U.S. Pat. No. 4,560,488 (Sane/Wheeler/Kuivila) proposed a drained cathode arrangement in which the surface of a carbon cathode block was covered with a sheath that maintained stagnant aluminium on its surface in order to reduce wear. In this design, the cathode block stands on the cell bottom.
U.S. Pat. No. 3,400,061 (Lewis/Altos/Hildebrandt) and U.S. Pat. No. 4,602,990 (Boxall/Gamson/Green/Stephen) disclose aluminium electrowinning cells with sloped drained cathodes arranged with the cathodes and facing anode surfaces sloping across the cell. In these cells, the molten aluminium flows down the sloping cathodes into a median longitudinal groove along the centre of the cell, or into lateral longitudinal grooves along the cell sides, for collecting the molten aluminium and delivering it to a sump.
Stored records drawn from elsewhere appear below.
-- ===== src/Types/Offer.antt =====
-- types/margin_offer.go: the offer, its validation, expiry and copy.
pub mod Laws
use margin_offer_system.Base.{
  String, ◌≡◌, refl, Bool, false, ◌||◌, Option, none, some, ◌==◌, if◌then◌else◌,
}
use margin_offer_system.Base.Int.{ℤ}
use margin_offer_system.Types.Float.{Float64, lt, le, zero_float, one_float}
use margin_offer_system.Types.Time.{Time, after, add_days}
use margin_offer_system.Types.Error.{
  Error, missing_id, missing_collateral_token, missing_borrow_token, invalid_borrow_amount,
  invalid_max_open_ltv, invalid_liquidation_ltv, invalid_ltv_ratio, invalid_interest_rate,
  missing_liquidity_source,
}

-- A pointer to a value is an `Option`: no two offers of the model share what they point to.
pub record MarginOffer : Type 0 where
  pub id : String
  pub offer_type : String
  pub collateral_token : String
  pub borrow_token : String
  pub available_borrow_amount : Float64
  pub max_open_ltv : Float64
  pub liquidation_ltv : Float64
  pub interest_rate : Float64
  pub interest_model : String
  pub term_days : Option ℤ
  pub liquidity_source : String
  pub lender_address : Option String
  pub last_borrowed_timestamp : Option Time
  pub created_timestamp : Time
  pub updated_timestamp : Time
  pub source : Option String

-- `Validate`: the first check that fails gives the error.
unfoldable pub validate : MarginOffer → Option Error
validate mo =
    if mo.id == ""
    then some missing_id
    else if mo.collateral_token == ""
    then some missing_collateral_token
    else if mo.borrow_token == ""
    then some missing_borrow_token
    else if lt mo.available_borrow_amount zero_float
    then some invalid_borrow_amount
    else if lt mo.max_open_ltv zero_float || lt one_float mo.max_open_ltv
    then some invalid_max_open_ltv
    else if lt mo.liquidation_ltv zero_float || lt one_float mo.liquidation_ltv
    then some invalid_liquidation_ltv
    else if le mo.liquidation_ltv mo.max_open_ltv
    then some invalid_ltv_ratio
    else if lt mo.interest_rate zero_float
    then some invalid_interest_rate
    else if mo.liquidity_source == ""
    then some missing_liquidity_source
    else none

-- `UpdateTimestamp`, with the clock's reading.
unfoldable pub update_timestamp : Time → MarginOffer → MarginOffer
update_timestamp now mo = record mo { updated_timestamp = now }

-- `IsExpired`, with the clock's reading.
unfoldable pub is_expired : Time → MarginOffer → Bool
is_expired now mo = elim mo.term_days [
  | none ↦ false
  | some days ↦ after now (add_days mo.created_timestamp days)
]

-- `GetEffectiveLTV`
unfoldable pub get_effective_ltv : MarginOffer → Float64
get_effective_ltv mo = mo.max_open_ltv

-- A new variable with the value that the pointer points to.
copy_pointee : {A : Type 0} → Option A → Option A
copy_pointee none = none
copy_pointee (some a) = some a

-- `Clone`
unfoldable pub clone : MarginOffer → MarginOffer
unfolding copy_pointee
clone mo = record mo {
  term_days = copy_pointee mo.term_days;
  lender_address = copy_pointee mo.lender_address;
  last_borrowed_timestamp = copy_pointee mo.last_borrowed_timestamp;
  source = copy_pointee mo.source;
}

copy_pointee-id : {A : Type 0} (o : Option A) → copy_pointee o ≡ o
unfolding copy_pointee
copy_pointee-id none = refl
copy_pointee-id (some a) = refl

-- A copy has the value of its original.
pub clone-id : (mo : MarginOffer) → clone mo ≡ mo
unfolding clone
clone-id mo = λ i. record mo {
  term_days = copy_pointee-id mo.term_days i;
  lender_address = copy_pointee-id mo.lender_address i;
  last_borrowed_timestamp = copy_pointee-id mo.last_borrowed_timestamp i;
  source = copy_pointee-id mo.source i;
}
An improvement described in U.S. Pat. No. 5,472,578 (de Nora) consisted in using grid-like bodies which could form a drained cathode surface and simultaneously restrain movement in the aluminium pool.
In. U.S. Pat. No. 5,362,366 (de Nora/Sekhar), a double-polar anode-cathode arrangement was disclosed wherein cathode bodies were suspended from the anodes permitting removal and re-immersion of the assembly during operation, such assembly also operating with a drained cathode.
U.S. Pat. No. 5,368,702 (de Nora) proposed a novel multimonopolar cell having upwardly extending cathodes facing and surrounded by or in-between anodes having a relatively large inwardly-facing active anode surface area. In some embodiments, electrolyte circulation was achieved using a tubular anode with suitable openings.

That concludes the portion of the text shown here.